EXERCISE DETAILS: Wherever a line of the data contains "AccessToken", copy that line.

──────── DATA LISTING

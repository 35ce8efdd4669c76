-- ===== src/Oauth.antt =====
-- backend/app/mcp/oauth: `_tokens.py` and the codes of `_authorization.py`. A time is a number of
-- microseconds, read once in each operation, and `expires_at` of a token is in seconds as in the
-- source. A Redis key is the pair of its prefix and its name: no prefix begins another. Redis is a
-- parameter; a JSON text in it is the value that it was printed from.
mod Model
pub mod Issue
pub mod Rotate
pub mod Examples
pub use Model.*
use Prim.Native.String.{◌++◌ as append}
use claude_todo.Prelude.{
  ℕ, ◌+◌, ◌-◌, ◌*◌, ◌/◌, ◌≤◌, String, ◌≡◌, ◌↔◌, ap, Bool, true, false, not, ◌&&◌, Option, none,
  some, List, [], ◌∷◌, ◌++◌, ◌==◌, Eq, string_eq, if◌then◌else◌, ltb, contains, arith,
}

module _ (r : TokenStore) where
  open r use {Store, get, set, del}

  abbrev pub redis_del : List Key → Store → Store
  redis_del [] s = s
  redis_del (k ∷ ks) s = del (k ∷ ks) s

  -- The two tokens and the two links between them, in one pipeline.
  unfoldable pub issue :
      ℕ → String → List String → Option String → String → String → Store → OAuthToken × Store
  issue now client_id scopes user_id access_value refresh_value s =
      let expires_at = access_expires_at now in
      let at_ttl = ttl_from_expires expires_at now in
      let access : AccessToken = record {
        token = access_value;
        client_id = client_id;
        scopes = scopes;
        expires_at = some expires_at;
        claims = filled user_id;
      } in
      let refresh : RefreshToken = record {
        token = refresh_value;
        client_id = client_id;
        scopes = scopes;
        expires_at = none;
      } in
      let s1 = set now (key_access_token access_value) (access_stored access) at_ttl s in
      let s2 = set now (key_refresh_token refresh_value) (refresh_stored refresh) fallback_ttl s1 in
      let s3 = set now (key_a2r access_value) (text_stored refresh_value) fallback_ttl s2 in
      let s4 = set now (key_r2a refresh_value) (text_stored access_value) at_ttl s3 in
      (
        record {
          access_token = access_value;
          expires_in = default_access_token_expiry;
          refresh_token = refresh_value;
          scope = filled (some (join scopes));
        },
        s4,
      )

  -- The check of `client.client_id`, and the new tokens.
  abbrev pub issue_for :
      Option String
      → ℕ
      → List String
      → Option String
      → String
      → String
      → Store
      → Granted OAuthToken × Store
  issue_for none now scopes user_id access_value refresh_value s = (refused invalid_client, s)
  issue_for (some client_id) now scopes user_id access_value refresh_value s =
      let (token, s') = issue now client_id scopes user_id access_value refresh_value s in
      (granted token, s')

  -- The last but one argument is what GETDEL returned.
  abbrev pub exchange_found :
      ℕ
      → Option String
      → AuthorizationCode
      → String
      → String
      → Option Stored
      → Store
      → Granted OAuthToken × Store
  exchange_found now client_id code access_value refresh_value none s = (refused invalid_grant, s)
  exchange_found now client_id code access_value refresh_value (some raw) s =
      issue_for client_id now code.scopes code.user_id access_value refresh_value
        (del (key_auth_code code.code ∷ []) s)

  -- `secrets.token_hex` makes the last two texts.
  unfoldable pub exchange_authorization_code :
      ℕ → Option String → AuthorizationCode → String → String → Store → Granted OAuthToken × Store
  exchange_authorization_code now client_id code access_value refresh_value s =
      exchange_found now client_id code access_value refresh_value
        (get now s (key_auth_code code.code)) s

  abbrev pub keys_of_access : String → Option String → List Key
  keys_of_access token none = key_access_token token ∷ key_a2r token ∷ []
  keys_of_access token (some assoc_refresh) =
      key_access_token token
      ∷ key_a2r token
      ∷ key_refresh_token assoc_refresh
      ∷ key_r2a assoc_refresh
      ∷ []

  abbrev pub keys_of_refresh : String → Option String → List Key
  keys_of_refresh token none = key_refresh_token token ∷ key_r2a token ∷ []
  keys_of_refresh token (some assoc_access) =
      key_refresh_token token
      ∷ key_r2a token
      ∷ key_access_token assoc_access
      ∷ key_a2r assoc_access
      ∷ []

  abbrev pub linked : ℕ → Store → Key → Option String
  linked now s key = filled (as_text (get now s key))

  unfoldable pub revoke_internal : ℕ → Option String → Option String → Store → Store
  revoke_internal now access_token_str refresh_token_str s =
      redis_del
        (elim (filled access_token_str) [
          | none ↦ []
          | some token ↦ keys_of_access token (linked now s (key_a2r token))
        ]
          ++ elim (filled refresh_token_str) [
            | none ↦ []
            | some token ↦ keys_of_refresh token (linked now s (key_r2a token))
          ])
        s

  unfoldable pub load_access_token : ℕ → String → Store → Option AccessToken × Store
  unfolding revoke_internal
  load_access_token now token s = elim (as_access (get now s (key_access_token token))) [
    | none ↦ (none, s)
    | some o ↦
        if is_expired o.expires_at now
        then (none, revoke_internal now (some token) none s)
        else (some o, s)
  ]

  unfoldable pub load_refresh_token :
      ℕ → Option String → String → Store → Option RefreshToken × Store
  unfolding revoke_internal
  load_refresh_token now client_id refresh_token s =
      elim (as_refresh (get now s (key_refresh_token refresh_token))) [
        | none ↦ (none, s)
        | some o ↦
            if not (same_client client_id o.client_id)
            then (none, s)
            else if is_expired o.expires_at now
            then (none, revoke_internal now none (some o.token) s)
            else (some o, s)
      ]

  -- The user in the claims of the access token that the refresh token is linked to.
  unfoldable pub old_user : ℕ → String → Store → Option String
  old_user now refresh_token s = elim (linked now s (key_r2a refresh_token)) [
    | none ↦ none
    | some old_access_str ↦ elim (as_access (get now s (key_access_token old_access_str))) [
      | none ↦ none
      | some old_access ↦ old_access.claims
    ]
  ]

  -- `is_active` says of an id whether it is that of an active user.
  abbrev pub refresh_for :
      (String → Bool)
      → Option String
      → ℕ
      → List String
      → Option String
      → String
      → String
      → Store
      → Granted OAuthToken × Store
  refresh_for is_active client_id now scopes none access_value refresh_value s =
      issue_for client_id now scopes none access_value refresh_value s
  refresh_for is_active client_id now scopes (some user) access_value refresh_value s =
      if not (is_active user)
      then (refused user_disabled, s)
      else issue_for client_id now scopes (some user) access_value refresh_value s

  unfoldable pub exchange_refresh_token :
      (String → Bool)
      → ℕ
      → Option String
      → RefreshToken
      → List String
      → String
      → String
      → Store
      → Granted OAuthToken × Store
  unfolding revoke_internal old_user
  exchange_refresh_token is_active now client_id refresh_token scopes access_value refresh_value s =
      let after =
        refresh_for is_active client_id now scopes (filled (old_user now refresh_token.token s))
          access_value refresh_value (revoke_internal now none (some refresh_token.token) s) in
      if not (all_in scopes refresh_token.scopes) then (refused invalid_scope, s) else after

  -- An expired code is deleted.
  unfoldable pub load_authorization_code :
      ℕ → Option String → String → Store → Option AuthorizationCode × Store
  load_authorization_code now client_id code s = elim (as_code (get now s (key_auth_code code))) [
    | none ↦ (none, s)
    | some o ↦
        if not (same_client client_id o.client_id)
        then (none, s)
        else if ltb o.expires_at now
        then (none, del (key_auth_code code ∷ []) s)
        else (some o, s)
  ]

  unfoldable pub store_authorization_code : ℕ → AuthorizationCode → Store → Store
  store_authorization_code now code s =
      let remaining = (code.expires_at - now) / second in
      set now (key_auth_code code.code) (code_stored code)
        (if ltb remaining 1 then 1 else remaining) s

  -- `revoke_token` of an access token, and of a refresh token.
  abbrev pub revoke_access_token : ℕ → AccessToken → Store → Store
  revoke_access_token now token s = revoke_internal now (some token.token) none s

  abbrev pub revoke_refresh_token : ℕ → RefreshToken → Store → Store
  revoke_refresh_token now token s = revoke_internal now none (some token.token) s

────────────────

ANSWER SPACE:
      let access : AccessToken = record {
  unfoldable pub load_access_token : ℕ → String → Store → Option AccessToken × Store
  abbrev pub revoke_access_token : ℕ → AccessToken → Store → Store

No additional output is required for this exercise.